▶ **What is expected**
Note each line of the entries that includes "PolicySnapshot". Then copy those lines.

Entries taken from a collection
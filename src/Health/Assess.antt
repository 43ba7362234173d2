-- ===== src/Health/Assess.antt =====
-- src/health.rs, `assess_vault`: the report on one vault. The clock's time is `now`.
use soal.Base.{
  ℕ, ◌-◌, Bool, true, false, not, ◌&&◌, Bytes, List, [], ◌∷◌, ◌++◌, all, length, ltb, if◌then◌else◌,
  Option, none, some,
}
use soal.Content.{ContentHash, codes}
use soal.Content.Hex.{to_hex}
use soal.Disk.{Io, ◌>>=◌, pure}
use soal.Network.{u64_to_string}
use soal.Policy.{VaultPolicy, PolicyState, default_policy, secs_until_snapshot}
use soal.Policy.Registry.{Json, no_state, load_policy, load_state}
use soal.Replication.{PinSet, PeerHave, ReplicationStatus, replication_status, or_default}
use soal.Schedule.{head_stale}
use soal.Store.{list}
use soal.Vault.{Crates, Vault, VaultConfig}
use soal.Vault.Heads.{head, list_heads}
use soal.Vault.Objects.{load_commit, load_tree}
use soal.Vault.Transfer.{is_complete}
use soal.Health.{HealthLevel, healthy, warn, crit, worst}

pub record HealthCheck : Type 0 where
  pub name : Bytes
  pub level : HealthLevel
  pub message : Bytes

pub record PolicySnapshot : Type 0 where
  pub snapshot_interval_secs : ℕ
  pub live_mode : Bool
  pub retain_snapshots : ℕ
  pub max_head_age_secs : ℕ
  pub secs_until_auto_snapshot : Option ℕ
  pub last_auto_snapshot_at : ℕ

-- `replication` stands for `ReplicationSnapshot`, which has the same six numbers.
pub record VaultHealth : Type 0 where
  pub vault : Bytes
  pub vault_id : Bytes
  pub level : HealthLevel
  pub head : Option Bytes
  pub head_age_secs : Option ℕ
  pub encryption : Bool
  pub key_wrapped : Bool
  pub members : ℕ
  pub config_seq : ℕ
  pub config_signed : Bool
  pub complete : Bool
  pub file_count : ℕ
  pub chunk_count : ℕ
  pub alternate_heads : ℕ
  pub replication : ReplicationStatus
  pub policy : PolicySnapshot
  pub checks : List HealthCheck

-- The variables `level` and `checks`.
pub record Report : Type 0 where
  pub level : HealthLevel
  pub checks : List HealthCheck

-- `checks.push(..)`
unfoldable pub pushed : Bytes → HealthLevel → Bytes → Report → Report
pushed name level message r = record r {
  checks = r.checks ++ record { name = name; level = level; message = message } ∷ [];
}

-- `level = worst(level, ..); checks.push(..);`, in either order.
unfoldable pub flagged : Bytes → HealthLevel → Bytes → Report → Report
flagged name level message r = pushed name level message (record r { level = worst r.level level })

unfoldable pub flagged_if : Bool → Bytes → HealthLevel → Bytes → Report → Report
flagged_if b name level message r = if b then flagged name level message r else r

-- What the first part finds of the head.
pub record HeadFacts : Type 0 where
  pub head : Option Bytes
  pub age : Option ℕ
  pub complete : Bool
  pub file_count : ℕ
  pub report : Report

unfoldable pub age_message : ℕ → VaultPolicy → Bytes
age_message age policy =
    codes "HEAD is "
    ++ (u64_to_string age
        ++ (codes "s old (policy max " ++ (u64_to_string policy.max_head_age_secs ++ codes ")")))

unfoldable pub check_replication : ReplicationStatus → Report → Report
check_replication repl r =
    flagged_if (ltb 0 repl.estimated_under_replicated && ltb 1 repl.min_replicas)
      (codes "replication") warn
      (codes "~"
        ++ (u64_to_string repl.estimated_under_replicated
            ++ (codes " chunks under min_replicas=" ++ u64_to_string repl.min_replicas)))
      (flagged_if (ltb 0 repl.missing_local) (codes "local_chunks") crit
        (u64_to_string repl.missing_local ++ codes " live chunks missing locally") r)

unfoldable pub check_key : VaultConfig → Report → Report
check_key config r =
    if config.encryption_enabled && config.key_wrapped
    then pushed (codes "key") healthy (codes "passphrase-wrapped vault key") r
    else if config.encryption_enabled
    then pushed (codes "key") healthy (codes "encryption on (plaintext vault.key on disk)") r
    else r

unfoldable pub is_signed : VaultConfig → Bool
is_signed config = elim config.config_sig [ none ↦ false | some s ↦ true ]

unfoldable pub check_config : VaultConfig → Report → Report
check_config config r =
    flagged_if (not (is_signed config)) (codes "config_sig") warn (codes "vault config is unsigned")
      r

-- The dash is written as its bytes in UTF-8.
unfoldable pub check_heads : ℕ → Report → Report
check_heads alts r =
    flagged_if (ltb 0 alts) (codes "multi_head") warn
      (u64_to_string alts
        ++ (codes " alternate head(s) " ++ (0xe2 ∷ 0x80 ∷ 0x94 ∷ codes " merge recommended")))
      r

unfoldable pub is_healthy : HealthLevel → Bool
is_healthy healthy = true
is_healthy warn = false
is_healthy crit = false

unfoldable pub is_none : List HealthCheck → Bool
is_none [] = true
is_none (c ∷ cs) = false

unfoldable pub check_overall : Report → Report
check_overall r =
    if all (λ c. is_healthy c.level) r.checks && is_none r.checks
    then pushed (codes "overall") healthy (codes "healthy") r
    else r

module _ (crates : Crates) where
  open crates use {hex, blake3}

  unfoldable pub assess_head : VaultPolicy → ℕ → Option ContentHash → Io HeadFacts
  assess_head policy now none = pure (record {
    head = none;
    age = none;
    complete = true;
    file_count = 0;
    report =
        flagged (codes "head") warn (codes "no commits yet")
          (record { level = healthy; checks = [] });
  })
  assess_head policy now (some h) = do
    c ← load_commit crates h
    complete ← is_complete crates h
    tree ← load_tree crates c.tree
    stale ← head_stale crates policy now
    pure (record {
      head = some (to_hex hex h);
      age = some (now - c.timestamp);
      complete = complete;
      file_count = length tree.entries;
      report = flagged_if stale (codes "head_age") warn (age_message (now - c.timestamp) policy) (
          flagged_if (not complete) (codes "completeness") crit
            (codes "HEAD is incomplete (missing tree/chunks)")
            (record { level = healthy; checks = [] }));
    })

  unfoldable pub assessed :
      Vault → VaultPolicy → PolicyState → ℕ → HeadFacts → ℕ → ReplicationStatus → ℕ → VaultHealth
  assessed vault policy state now facts alts repl chunk_count =
      let config = vault.config in
      let r = check_overall (
        check_heads alts
          (check_config config (check_key config (check_replication repl facts.report)))) in
      record {
        vault = vault.name;
        vault_id = config.vault_id;
        level = r.level;
        head = facts.head;
        head_age_secs = facts.age;
        encryption = config.encryption_enabled;
        key_wrapped = config.key_wrapped;
        members = length config.members;
        config_seq = config.config_seq;
        config_signed = is_signed config;
        complete = facts.complete;
        file_count = facts.file_count;
        chunk_count = chunk_count;
        alternate_heads = alts;
        replication = repl;
        policy = record {
          snapshot_interval_secs = policy.snapshot_interval_secs;
          live_mode = policy.live_mode;
          retain_snapshots = policy.retain_snapshots;
          max_head_age_secs = policy.max_head_age_secs;
          secs_until_auto_snapshot = secs_until_snapshot policy state now;
          last_auto_snapshot_at = state.last_auto_snapshot_at;
        };
        checks = r.checks;
      }

  unfoldable pub assess_with :
      Vault → VaultPolicy → PolicyState → ℕ → Option ReplicationStatus → Io (Option VaultHealth)
  assess_with vault policy state now none = pure none
  assess_with vault policy state now (some repl) = do
    h ← head crates
    facts ← assess_head policy now h
    heads ← list_heads crates
    chunks ← list hex blake3
    pure (some (assessed vault policy state now facts (length heads - 1) repl (length chunks)))

  -- `none` is a walk over the history that the fuel ended.
  unfoldable pub assess_vault :
      Json PinSet → Json PeerHave → ℕ → Vault → ℕ → Io (Option VaultHealth)
  assess_vault pins_json have_json fuel vault now = do
    policy ←
        λ d. or_default default_policy (load_policy crates.policy_json vault.config.min_replicas d)
    state ← λ d. or_default no_state (load_state crates.state_json d)
    repl ← replication_status crates pins_json have_json fuel vault
    assess_with vault policy state now repl
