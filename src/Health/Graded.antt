-- ===== src/Health/Graded.antt =====
-- src/health.rs, `assess_vault`: the level of the report.
use soal.Base.{
  ℕ, ◌≡◌, refl, sym, ap, ◌∙◌, subst, Bool, true, false, not, ◌&&◌, ◌||◌, Bytes, List, [], ◌∷◌, ◌++◌,
  ltb, Option, none, some, ok, arith, if◌then◌else◌,
}
use soal.Disk.{Disk}
use soal.Disk.Returns.{Returns, >>=-Returns, >>=-Returns_with, pure-Returns}
use soal.Content.{ContentHash}
use soal.Policy.{VaultPolicy, PolicyState}
use soal.Policy.Registry.{Json}
use soal.Replication.{PinSet, PeerHave, ReplicationStatus}
use soal.Vault.{Crates, Vault, VaultConfig}
use soal.Health.{HealthLevel, healthy, warn, crit, worst}
use soal.Health.Assess.{
  HealthCheck, VaultHealth, Report, HeadFacts, pushed, flagged, flagged_if, check_replication,
  check_key, check_config, check_heads, check_overall, assess_head, assessed, assess_with,
  assess_vault,
}

abbrev pub is_crit : HealthLevel → Bool
is_crit crit = true
is_crit warn = false
is_crit healthy = false

-- The worst of a level and those of checks.
unfoldable pub worst_of : HealthLevel → List HealthCheck → HealthLevel
worst_of l [] = l
worst_of l (c ∷ cs) = worst_of (worst l c.level) cs

worst_of-append :
    (l : HealthLevel) (cs : List HealthCheck) (c : HealthCheck)
    → worst_of l (cs ++ c ∷ []) ≡ worst (worst_of l cs) c.level
unfolding worst_of
worst_of-append l [] c = refl
worst_of-append l (b ∷ cs) c = worst_of-append (worst l b.level) cs c

worst_healthy : (l : HealthLevel) → worst l healthy ≡ l
unfolding worst
worst_healthy healthy = refl
worst_healthy warn = refl
worst_healthy crit = refl

-- The level is the worst of the checks, and it is critical exactly if `b` says so.
record Graded (b : Bool) (r : Report) : Type 0 where
  level : r.level ≡ worst_of healthy r.checks
  critical : is_crit r.level ≡ b

pushed-Graded :
    (name message : Bytes) (b : Bool) (r : Report)
    → Graded b r
    → Graded b (pushed name healthy message r)
unfolding pushed
pushed-Graded name message b r g = record {
  level =
      g.level
      ∙ sym (worst_healthy (worst_of healthy r.checks))
      ∙ sym (
          worst_of-append healthy r.checks
            (record { name = name; level = healthy; message = message }));
  critical = g.critical;
}

flagged-Graded :
    (name message : Bytes) (l : HealthLevel) (b : Bool) (r : Report)
    → Graded b r
    → Graded (b || is_crit l) (flagged name l message r)
unfolding flagged pushed
flagged-Graded name message l b r g = record {
  level =
      ap (λ x. worst x l) g.level
      ∙ sym
          (worst_of-append healthy r.checks (record { name = name; level = l; message = message }));
  critical = crit_worst r.level l ∙ ap (λ x. x || is_crit l) g.critical;
}
  where
    crit_worst : (k l : HealthLevel) → is_crit (worst k l) ≡ (is_crit k || is_crit l)
    crit_worst k l = unfold worst in ground arith

flagged_if-Graded :
    (t : Bool) (name message : Bytes) (l : HealthLevel) (b : Bool) (r : Report)
    → Graded b r
    → Graded (b || (t && is_crit l)) (flagged_if t name l message r)
unfolding flagged_if
flagged_if-Graded true name message l b r g = flagged-Graded name message l b r g
flagged_if-Graded false name message l b r g = subst (λ x. Graded x r) (or_false b) g
  where
    or_false : (b : Bool) → b ≡ (b || false)
    or_false true = refl
    or_false false = refl

-- A check that is never critical.
flagged_if-warn :
    (t : Bool) (name message : Bytes) (b : Bool) (r : Report)
    → Graded b r
    → Graded b (flagged_if t name warn message r)
flagged_if-warn t name message b r g =
    subst (λ x. Graded x (flagged_if t name warn message r)) (ground arith)
      (flagged_if-Graded t name message warn b r g)

flagged_if-crit :
    (t : Bool) (name message : Bytes) (b : Bool) (r : Report)
    → Graded b r
    → Graded (b || t) (flagged_if t name crit message r)
flagged_if-crit t name message b r g =
    subst (λ x. Graded x (flagged_if t name crit message r)) (ground arith)
      (flagged_if-Graded t name message crit b r g)

if-Graded : (t b : Bool) (r s : Report) → Graded b r → Graded b s → Graded b (if t then r else s)
if-Graded true b r s g h = g
if-Graded false b r s g h = h

check_key-Graded :
    (config : VaultConfig) (b : Bool) (r : Report) → Graded b r → Graded b (check_key config r)
unfolding check_key
check_key-Graded config b r g =
    if-Graded (config.encryption_enabled && config.key_wrapped) b _ _ (pushed-Graded _ _ b r g)
      (if-Graded config.encryption_enabled b _ _ (pushed-Graded _ _ b r g) g)

check_overall-Graded : (b : Bool) (r : Report) → Graded b r → Graded b (check_overall r)
unfolding check_overall
check_overall-Graded b r g = if-Graded _ b _ _ (pushed-Graded _ _ b r g) g

check_replication-Graded :
    (repl : ReplicationStatus) (b : Bool) (r : Report)
    → Graded b r
    → Graded (b || ltb 0 repl.missing_local) (check_replication repl r)
unfolding check_replication
check_replication-Graded repl b r g =
    flagged_if-warn _ _ _ _ _ (flagged_if-crit (ltb 0 repl.missing_local) _ _ b r g)

-- No check yet.
empty-Graded : Graded false (record { level = healthy; checks = [] })
unfolding worst_of
empty-Graded = record { level = refl; critical = refl }

module _ (crates : Crates) where
  assess_head-Graded :
      (policy : VaultPolicy) (now : ℕ) (o : Option ContentHash)
      → Returns
          (λ facts. Graded (not facts.complete) facts.report)
          (assess_head crates policy now o)
  unfolding assess_head
  assess_head-Graded policy now none = pure-Returns _ (flagged-Graded _ _ warn false _ empty-Graded)
  assess_head-Graded policy now (some h) = >>=-Returns _ _ (λ c. >>=-Returns _ _ (λ complete.
      >>=-Returns _ _ (λ tree. >>=-Returns _ _ (λ stale. pure-Returns _ (
        flagged_if-warn stale _ _ _ _ (flagged_if-crit (not complete) _ _ false _ empty-Graded))))))

  -- The level is the worst of the checks, and critical for an incomplete head or a missing chunk only.
  abbrev pub IsGraded : Option VaultHealth → Type 0
  IsGraded none = Unit {0}
  IsGraded (some h) =
      (h.level ≡ worst_of healthy h.checks)
      × (is_crit h.level ≡ (not h.complete || ltb 0 h.replication.missing_local))

  assessed-Graded :
      (vault : Vault) (policy : VaultPolicy) (state : PolicyState) (now : ℕ) (facts : HeadFacts)
      (alts : ℕ) (repl : ReplicationStatus) (chunks : ℕ)
      → Graded (not facts.complete) facts.report
      → IsGraded (some (assessed crates vault policy state now facts alts repl chunks))
  unfolding assessed check_heads check_config
  assessed-Graded vault policy state now facts alts repl chunks g =
      let whole = check_overall-Graded _ _ (
        flagged_if-warn _ _ _ _ _ (
          flagged_if-warn _ _ _ _ _ (
            check_key-Graded vault.config _ _ (check_replication-Graded repl _ facts.report g)))) in
      (whole.level, whole.critical)

  assess_with-IsGraded :
      (vault : Vault) (policy : VaultPolicy) (state : PolicyState) (now : ℕ)
      (repl : Option ReplicationStatus)
      → Returns IsGraded (assess_with crates vault policy state now repl)
  unfolding assess_with
  assess_with-IsGraded vault policy state now none = pure-Returns none tt
  assess_with-IsGraded vault policy state now (some repl) = >>=-Returns _ _ (λ h.
      >>=-Returns_with (λ facts. Graded (not facts.complete) facts.report) _ _
        (assess_head-Graded policy now h)
        (λ facts g. >>=-Returns _ _ (λ heads.
          >>=-Returns _ _
            (λ chunks. pure-Returns _ (assessed-Graded vault policy state now facts _ repl _ g)))))

  -- For any sequence of failing calls: the level of a report that assess_vault returns is the worst
  -- of the levels of its checks, and it is critical exactly if the report has the head as
  -- incomplete or counts a live chunk as missing locally.
  pub assess_vault-IsGraded :
      (pins_json : Json PinSet) (have_json : Json PeerHave) (fuel : ℕ) (vault : Vault) (now : ℕ)
      (d d' : Disk) (h : VaultHealth)
      → assess_vault crates pins_json have_json fuel vault now d ≡ (ok (some h), d')
      → (h.level ≡ worst_of healthy h.checks)
        × (is_crit h.level ≡ (not h.complete || ltb 0 h.replication.missing_local))
  unfolding assess_vault
  assess_vault-IsGraded pins_json have_json fuel vault now d d' h e =
      (>>=-Returns {Q = IsGraded} _ _ (λ policy. >>=-Returns _ _ (λ state.
          >>=-Returns _ _ (λ repl. assess_with-IsGraded vault policy state now repl)))).holds
        d d' (some h) e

▶ **Answer for the task**
pub record PolicySnapshot : Type 0 where
  pub policy : PolicySnapshot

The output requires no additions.